Typically, the ROFR is spelled out in the Declarations incorporated by reference in a deed, but for Flamingo, the details would have to be added to each deed. Then they'd need to track which TS's had such deeds. I tend to doubt that they'd want to create two classes of owners -- those subject to the ROFR and those who are not.

But let's not give them any ideas, shall we?


----------



## JM48 (Aug 19, 2011)

Talent312

 Yes that's what I was thinking. I can see why they want Flamingo property back for resale it is the best location on the strip. I own at Karen Ave. but we stay at the Flamingo. 
 I am sure it really is a thorn in their side without ROFR.
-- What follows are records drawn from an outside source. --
-- ===== src/Inventory/Atomic.antt =====
-- No operation of backend/app/modules/inventory/service.py commits by itself.
use retail_os.Core.Exceptions.{Exception}
use retail_os.Core.Session.{err, get_db_session, Session}
use retail_os.Prelude.Int.{ℤ}
use retail_os.Inventory.Models.{StockTransfer}
use retail_os.Catalog.Models.{ProductVariant, Product}
use retail_os.Prelude.{◌≡◌, arith, ℕ}
use retail_os.Inventory.Requests.{Operation, perform}
use retail_os.Inventory.Operations.{
  Leg, StockRequest, TransferRequest, transfer, adjust, issue, receive, move_legs,
}
use retail_os.Core.Keeps.{get_db_session-rolls_back, Keeps, keeps_rules}
use retail_os.Inventory.StockTransferRepository
use retail_os.Inventory.Service.{
  Movement, record_delta_movement, write_ledger_row, check_policy, get_variant_and_product,
  get_warehouse,
}
use retail_os.Inventory.StockLevelRepository.{Key, set_absolute, upsert_delta}

upsert_delta-Keeps : (id : ℕ) (k : Key) (delta : ℤ) → Keeps (upsert_delta id k delta)
unfolding upsert_delta
upsert_delta-Keeps id k delta = record { at = λ s. ground arith }

set_absolute-Keeps : (id : ℕ) (k : Key) (q : ℤ) → Keeps (set_absolute id k q)
unfolding set_absolute
set_absolute-Keeps id k q = record { at = λ s. ground arith }

get_warehouse-Keeps : (c id : ℕ) → Keeps (get_warehouse c id)
unfolding get_warehouse
get_warehouse-Keeps c id = record { at = λ s. ground arith }

get_variant_and_product-Keeps : (c id : ℕ) → Keeps (get_variant_and_product c id)
unfolding get_variant_and_product
get_variant_and_product-Keeps c id = record { at = λ s. ground arith }

check_policy-Keeps : (p : Product) (q : ℤ) → Keeps (check_policy p q)
unfolding check_policy
check_policy-Keeps p q = record { at = λ s. ground arith }

write_ledger_row-Keeps : (m : Movement) (d q : ℤ) → Keeps (write_ledger_row m d q)
unfolding write_ledger_row
write_ledger_row-Keeps m d q = record { at = λ s. ground arith }

create-header-Keeps : (x : StockTransfer) → Keeps (StockTransferRepository.create x)
unfolding StockTransferRepository.create
create-header-Keeps x = record { at = λ s. ground arith }

ruleset leaf_rules = (
  keeps_rules, upsert_delta-Keeps, set_absolute-Keeps, get_warehouse-Keeps,
  get_variant_and_product-Keeps, check_policy-Keeps, write_ledger_row-Keeps, create-header-Keeps,
)

record_delta_movement-Keeps :
    (m : Movement) (p : Product) (d : ℤ) → Keeps (record_delta_movement m p d)
unfolding record_delta_movement
record_delta_movement-Keeps m p d = search leaf_rules depth 8

move_legs-Keeps :
    (r : TransferRequest) (v : ProductVariant) (p : Product) (id : ℕ) (legs : Leg × Leg)
    → Keeps (move_legs r v p id legs)
unfolding move_legs
move_legs-Keeps r v p id legs = search (keeps_rules, record_delta_movement-Keeps) depth 8

receive-Keeps : (r : StockRequest) → Keeps (receive r)
unfolding receive
receive-Keeps r = search (leaf_rules, record_delta_movement-Keeps) depth 10

issue-Keeps : (r : StockRequest) → Keeps (issue r)
unfolding issue
issue-Keeps r = search (leaf_rules, record_delta_movement-Keeps) depth 10

adjust-Keeps : (r : StockRequest) → Keeps (adjust r)
unfolding adjust
adjust-Keeps r = search leaf_rules depth 14

transfer-Keeps : (r : TransferRequest) → Keeps (transfer r)
unfolding transfer
transfer-Keeps r = search (leaf_rules, move_legs-Keeps) depth 16

pub perform-Keeps : (op : Operation) → Keeps (perform op)
unfolding perform
perform-Keeps (Operation.stock_in r) = search (keeps_rules, receive-Keeps)
perform-Keeps (Operation.stock_out r) = search (keeps_rules, issue-Keeps)
perform-Keeps (Operation.adjustment r) = search (keeps_rules, adjust-Keeps)
perform-Keeps (Operation.transfer r) = search (keeps_rules, transfer-Keeps)

-- A stock request that raises leaves the database exactly as it was last committed: neither a
-- balance nor a row of the ledger nor an entry of the audit trail is left behind.
pub perform-rolls_back :
    (op : Operation) (s : Session) {e : Exception} {s' : Session}
    → get_db_session (perform op) s ≡ (err e, s')
    → (s'.db ≡ s.saved) × (s'.saved ≡ s.saved)
perform-rolls_back op s h = get_db_session-rolls_back (perform op) s (perform-Keeps op) h
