-- ===== src/Inventory/Legs.antt =====
-- The rows that `transfer` of backend/app/modules/inventory/service.py writes.
use retail_os.Core.Ensures.{Ensures-ok}
use retail_os.Inventory.Transferring.{transfer-Transferred, Transferred}
use retail_os.Prelude.{refl, arith, inr, inl, leb, ◌≤◌, Bool-cases, some, [], ◌∷◌, ◌++◌, ◌≡◌}
use retail_os.Inventory.Models.{StockTransaction, StockTransfer}
use retail_os.Core.Session.{ok, Session}
use retail_os.Prelude.Int.{int_laws, pos, ◌+ℤ◌, neg, ℤ}
use retail_os.Inventory.Operations.{in_leg, out_leg, lock_order, transfer, TransferRequest}

-- A transfer that returned `x` has written its header and two rows of the ledger. Both rows carry the
-- header's id, their deltas cancel out, and the row of the smaller warehouse id is the first.
pub record HasLegs (r : TransferRequest) (s : Session) (x : StockTransfer) (s' : Session)
    : Type 0 where
  pub first : StockTransaction
  pub second : StockTransaction
  pub rows : s'.db.stock_transactions ≡ (s.db.stock_transactions ++ first ∷ []) ++ second ∷ []
  pub headers : s'.db.stock_transfers ≡ s.db.stock_transfers ++ x ∷ []
  pub first_transfer : first.transfer_id ≡ some x.id
  pub second_transfer : second.transfer_id ≡ some x.id
  pub no_gain : first.quantity_delta +ℤ second.quantity_delta ≡ pos 0
  pub same_variant : first.product_variant_id ≡ second.product_variant_id
  pub locked_in_order : first.warehouse_id ≤ second.warehouse_id

cancel_out : (q : ℤ) → neg q +ℤ q ≡ pos 0
cancel_out q = omega int_laws

cancel_in : (q : ℤ) → q +ℤ neg q ≡ pos 0
cancel_in q = omega int_laws

Transferred-HasLegs :
    (r : TransferRequest) (s : Session) (x : StockTransfer) (s' : Session)
    → Transferred r s x s'
    → HasLegs r s x s'
Transferred-HasLegs r s x s' h =
    let (a, b) = lock_order (out_leg r h.from_warehouse) (in_leg r h.to_warehouse) in
    record {
      first = h.first;
      second = h.second;
      rows = rw (h.second_posted.0.ledger, h.first_posted.0.ledger) refl;
      headers = rw (h.second_posted.0.transfers, h.first_posted.0.transfers, h.is_header) refl;
      first_transfer = rw (h.first_posted.0.row, h.is_header) refl;
      second_transfer = rw (h.second_posted.0.row, h.is_header) refl;
      no_gain =
          rw (h.first_posted.0.row, h.second_posted.0.row)
            (elim (Bool-cases (leb h.from_warehouse.id h.to_warehouse.id)) [
              | inl e ↦ rw e (cancel_out r.quantity)
              | inr e ↦ rw e (cancel_in r.quantity)
            ]);
      same_variant = rw (h.first_posted.0.row, h.second_posted.0.row) refl;
      locked_in_order =
          rw (h.first_posted.0.row, h.second_posted.0.row)
            (elim (Bool-cases (leb h.from_warehouse.id h.to_warehouse.id)) [
              | inl e ↦ rw e (ground arith)
              | inr e ↦ rw e (ground arith)
            ]);
    }

-- A transfer that returns has written its header and two ledger rows with the header's id, whose
-- deltas cancel out, the row of the smaller warehouse id first.
pub transfer-HasLegs :
    (r : TransferRequest) (s : Session) {x : StockTransfer} {s' : Session}
    → transfer r s ≡ (ok x, s')
    → HasLegs r s x s'
transfer-HasLegs r s {x} {s'} e =
    Transferred-HasLegs r s x s' (Ensures-ok (Transferred r s) _ (transfer-Transferred r s) e)
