-- ===== src/Inventory/Upkeep.antt =====
-- What every movement of backend/app/modules/inventory/service.py keeps, any sequence of requests keeps.
use retail_os.Inventory.Atomic.{perform-Keeps}
use retail_os.Core.Keeps.{get_db_session-invariant, IsCommitted}
use retail_os.Core.Time.{DateTime}
use retail_os.Inventory.Requests.{serve, Operation, serve_all, perform}
use retail_os.Inventory.Transferring.{with_header, transfer-Transferred}
use retail_os.Inventory.Posting.{adjust-Counts, issue-Moves, receive-Moves}
use retail_os.Core.Ensures.{Ensures-bind, Ensures-weaken, Ensures}
use retail_os.Inventory.Effects.{Posted}
use retail_os.Inventory.Models.{StockTransaction}
use retail_os.Core.Session.{Session}
use retail_os.Prelude.{sym, subst, [], ◌∷◌, List, refl, ◌≡◌}
use retail_os.Inventory.Balance.{quantity_of}
use retail_os.Inventory.Operations.{transfer, TransferRequest}
use retail_os.Prelude.Int.{int_laws, ◌-ℤ◌, ◌+ℤ◌, ℤ}
use retail_os.Inventory.Service.{movement_key, Movement}
use retail_os.Core.Db.{Db}
use retail_os.Inventory.Models.{StockTransfer}

count_delta : (c p : ℤ) → c ≡ p +ℤ (c -ℤ p)
count_delta c p = omega int_laws

-- `P` does not look at the headers of transfers, and each posted movement keeps it.
module _ (P : Db → Type 0)
    (headers : (db : Db) (x : List StockTransfer) → P db → P (record db { stock_transfers = x }))
    (step : (m : Movement) (d q : ℤ) (s : Session) (t : StockTransaction) (s' : Session)
      → Posted m d q s t s'
      → q ≡ quantity_of (movement_key m) s.db.stock_levels +ℤ d
      → P s.db
      → P s'.db) where
  abbrev Kept : {A : Type 0} → A → Session → Type 0
  Kept _ s' = P s'.db

  transfer-keeps : (r : TransferRequest) (s : Session) → P s.db → Ensures Kept (transfer r s)
  transfer-keeps r s b = Ensures-weaken Kept _ _ (transfer-Transferred r s) λ x s' h.
      step _ _ _ h.middle h.second s' h.second_posted.0 refl
        (step _ _ _ (with_header r s) h.first h.middle h.first_posted.0 refl (headers s.db _ b))

  perform-keeps : (op : Operation) (s : Session) → P s.db → Ensures Kept (perform op s)
  unfolding perform
  perform-keeps (Operation.stock_in r) s b =
      Ensures-bind _ _ _ _ s (receive-Moves r s) λ t s' h. step _ _ _ s t s' h.1.1.0 refl b
  perform-keeps (Operation.stock_out r) s b =
      Ensures-bind _ _ _ _ s (issue-Moves r s) λ t s' h. step _ _ _ s t s' h.1.1.0 refl b
  perform-keeps (Operation.adjustment r) s b =
      Ensures-bind _ _ _ _ s (adjust-Counts r s)
        λ t s' h. step _ _ _ s t s' h.1.0 (count_delta _ _) b
  perform-keeps (Operation.transfer r) s b =
      Ensures-bind _ Kept _ _ s (transfer-keeps r s b) λ _ _ h. h

  serve-keeps :
      (now : DateTime) (op : Operation) (s : Session)
      → IsCommitted s
      → P s.saved
      → IsCommitted (serve (now, op) s) × P (serve (now, op) s).saved
  unfolding serve
  serve-keeps now op s c b =
      let s₀ : Session = record s { now = now } in
      get_db_session-invariant P (perform op) s₀ (perform-Keeps op)
        (perform-keeps op s₀ (subst P (sym c) b)) b

  pub serve_all-keeps :
      (xs : List (DateTime × Operation)) (s : Session)
      → IsCommitted s
      → P s.saved
      → IsCommitted (serve_all xs s) × P (serve_all xs s).saved
  unfolding serve_all
  serve_all-keeps [] s c b = (c, b)
  serve_all-keeps (x ∷ xs) s c b =
      let h = serve-keeps x.0 x.1 s c b in serve_all-keeps xs (serve x s) h.0 h.1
 But I won't say anything, we will keep this between ourselves!! :ignore: 

 Thanks,

 JM


----------



## janckenn (Aug 19, 2011)

When I wanted to add additional points by resale, I bought HGVC Flamingo because there was no ROFR.  It has become my favorite spot in Vegas, due to location, location, location!  It will become my retirement site.


----------



## loafingcactus (Aug 19, 2011)

I keep seeing Flamingo floating weeks on EBay... Are those really floating weeks or are the sellers confused?  Are there Flamingo fixed weeks?


----------



## jestme (Aug 19, 2011)

Unfortunately, "administrative nightmares" are usually handled by lower level staff, and direction for doing this would have come from the top. Besides ROFR, perhaps the market for the Flamingo is large enough to justify trying to buy them back from owners directly. I'm sure they have statistics that show which owners are active, which ones have paid MF's on time, which are behind in making payments, etc. to guide them to the more receptive sellers.


----------



## Remy (Aug 19, 2011)

loafingcactus said:


> I keep seeing Flamingo floating weeks on EBay... Are those really floating weeks or are the sellers confused?  Are there Flamingo fixed weeks?



Yes, event weeks were sold as fixed weeks (51/52).


----------



## Talent312 (Aug 19, 2011)

loafingcactus said:


> I keep seeing Flamingo floating weeks on EBay... Are those really floating weeks or are the sellers confused?  Are there Flamingo fixed weeks?



Well, every week purchased kind'a "floats" since the owner must aatempt to make a reservation when + where he wants to stay, except for "event weeks." These weeks (51/52) are automatically reserved, subject to cancellation by the member for alternate use.


----------